Media coverage prompted her office to request that the photographs be removed but by then they had already been widely circulated on social media.

“It was careless of us,” the staff member said, adding that Takaichi did not share Yamada’s views “at all … it is a nuisance”.

A second photograph shows Yamada standing alongside Tomomi Inada, another close Abe ally who was given the powerful job of LDP policy chief. Inada’s office was quick to distance the MP from Yamada, whose website celebrates the “samurai spirit” and proclaims that the “sun shall rise again”, saying it would be disappointed if the photograph led people to “misunderstand what she does”.

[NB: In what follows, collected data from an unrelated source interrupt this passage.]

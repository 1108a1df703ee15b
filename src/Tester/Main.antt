-- ===== src/Tester/Main.antt =====
-- src/tester_main.cpp: Run from the options to the exit status, and main.
-- XED, the toolchain of the backend and the file system are parameters: what is read at a path, and
-- whether a report can be opened there.
pub mod Status
use remill_tester.Base.{
  ℕ, Bool, true, false, not, ◌&&◌, List, [], ◌∷◌, ◌++◌, Option, none, some, if◌then◌else◌,
  empty_list,
}
use remill_tester.Base.Text.{Text, codes}
use remill_tester.Base.Result.{Result, ok, err, ◌>>=◌, map_error}
use remill_tester.XedMetadata.{XedMetadata}
use remill_tester.Comparator.Compare.{compare_execution_result}
use remill_tester.Backend.{LiftedFunction}
use remill_tester.Backend.Pending.{Toolchain, RemillBackend, fresh_backend}
use remill_tester.Backend.Compiler.{prepare_cases, run_row}
use remill_tester.Tester.Options.{OptionError, Options, DirectoryEntry, parse_options}
use remill_tester.Tester.Output.{usage, summary_text}
use remill_tester.Tester.Summary.{Summary, exit_status}
use remill_tester.Tester.Run.{RunError, RunState, process_files, initial_run}
use remill_tester.Tester.SelfTests.{run_self_tests}
use remill_tester.Tester.Prepare.{initial_prepare, prepare_files}

-- What a run leaves: its exit status, its standard output and the two reports.
pub record Outcome : Type 0 where
  pub status : ℕ
  pub output : Text
  pub mismatch_report : Option (List Text)
  pub skip_report : Option (List Text)

abbrev pub wrote : ℕ → Text → Outcome
wrote status output = record {
  status = status;
  output = output;
  mismatch_report = none;
  skip_report = none;
}

-- A report that is asked for must open.
unfoldable pub open_report : (Text → Bool) → Text → Text → Result RunError Bool
open_report opens kind path =
    if empty_list path
    then ok false
    else if opens path
    then ok true
    else err
        (RunError.failed_to_open (codes "failed to open " ++ kind ++ codes " report: " ++ path))

module _ (decode : ℕ → List ℕ → XedMetadata) (lookup : Text → Result Text LiftedFunction)
    (toolchain : Toolchain) (num_vec_registers : ℕ) (read_file : Text → Option (List Text))
    (opens : Text → Bool) where
  -- The preparation in front of the loop, with --execute.
  unfoldable pub prepare_backend : Options → Result RunError RemillBackend
  prepare_backend options = do
    prepared ← prepare_files decode options read_file options.inputs initial_prepare
    (succeeded, error, backend) ←
        map_error RunError.in_row (prepare_cases lookup toolchain prepared.rows [] fresh_backend)
    elim succeeded [
      | true ↦ ok backend
      | false ↦ err (RunError.failed_to_prepare (codes "failed to prepare Remill batch: " ++ error))
    ]

  -- Run behind the checks of the options.
  unfoldable pub run_inputs : Options → Result RunError Outcome
  run_inputs options = do
    with_mismatches ← open_report opens (codes "mismatch") options.report_jsonl
    with_skips ← open_report opens (codes "skip") options.report_skips_jsonl
    backend ← if options.execute then prepare_backend options else ok fresh_backend
    s ←
        process_files decode (run_row lookup toolchain num_vec_registers)
          (compare_execution_result num_vec_registers) options read_file options.inputs
          (initial_run with_mismatches with_skips backend)
    ok (record {
      status = exit_status s.summary;
      output = s.output ++ summary_text options.execute s.summary;
      mismatch_report = s.mismatch_report;
      skip_report = s.skip_report;
    })

  -- Run behind the self-tests, which wrote `tested`.
  unfoldable pub run_tested : Options → Text → Result RunError Outcome
  run_tested options tested = elim options.inputs [
    | [] ↦ ok (
        if options.self_test
        then wrote 0 tested
        else wrote 2 (tested ++ usage (codes "remill-tester")))
    | path ∷ paths ↦ do
      outcome ← run_inputs options
      ok (record outcome { output = tested ++ outcome.output })
  ]

  unfoldable pub run : Options → Result RunError Outcome
  run options =
      if options.help
      then ok (wrote 0 (usage (codes "remill-tester")))
      else ((if options.self_test
            then run_self_tests num_vec_registers decode lookup toolchain
            else ok [])
          >>= run_tested options)

  -- What `main` runs.
  unfoldable pub run_arguments :
      (Text → Text → Bool)
      → (Text → Result Text (List DirectoryEntry))
      → List Text
      → Result RunError Outcome
  run_arguments path_before list_directory args = do
    options ← map_error RunError.in_options (parse_options path_before list_directory args)
    run options

  -- The exit status of `main`, which reports an exception and ends with 1.
  unfoldable pub main :
      (Text → Text → Bool) → (Text → Result Text (List DirectoryEntry)) → List Text → ℕ
  main path_before list_directory args = elim (run_arguments path_before list_directory args) [
    | ok outcome ↦ outcome.status
    | err e ↦ 1
  ]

While there is no evidence that either politician shares Yamada’s neo-Nazi ideology their appointment has fuelled accusations that Abe is taking his administration even further to the right.

Takaichi and Inada have both visited Yasukuni shrine, which honours Japan’s war dead, including 14 class-A war criminals; last week, Takaichi said she would visit Yasukuni again, this time in her role as minister. “I’ve been visiting Yasukuni as one Japanese individual, to offer my sincere appreciation to the spirits of war dead,” she told reporters. “I intend to continue offering my sincere appreciation as an individual Japanese.”

China and South Korea view politicians’ pilgrimages to the shrine as evidence that Japan has yet to atone for atrocities committed on the Asian mainland before and during the second world war.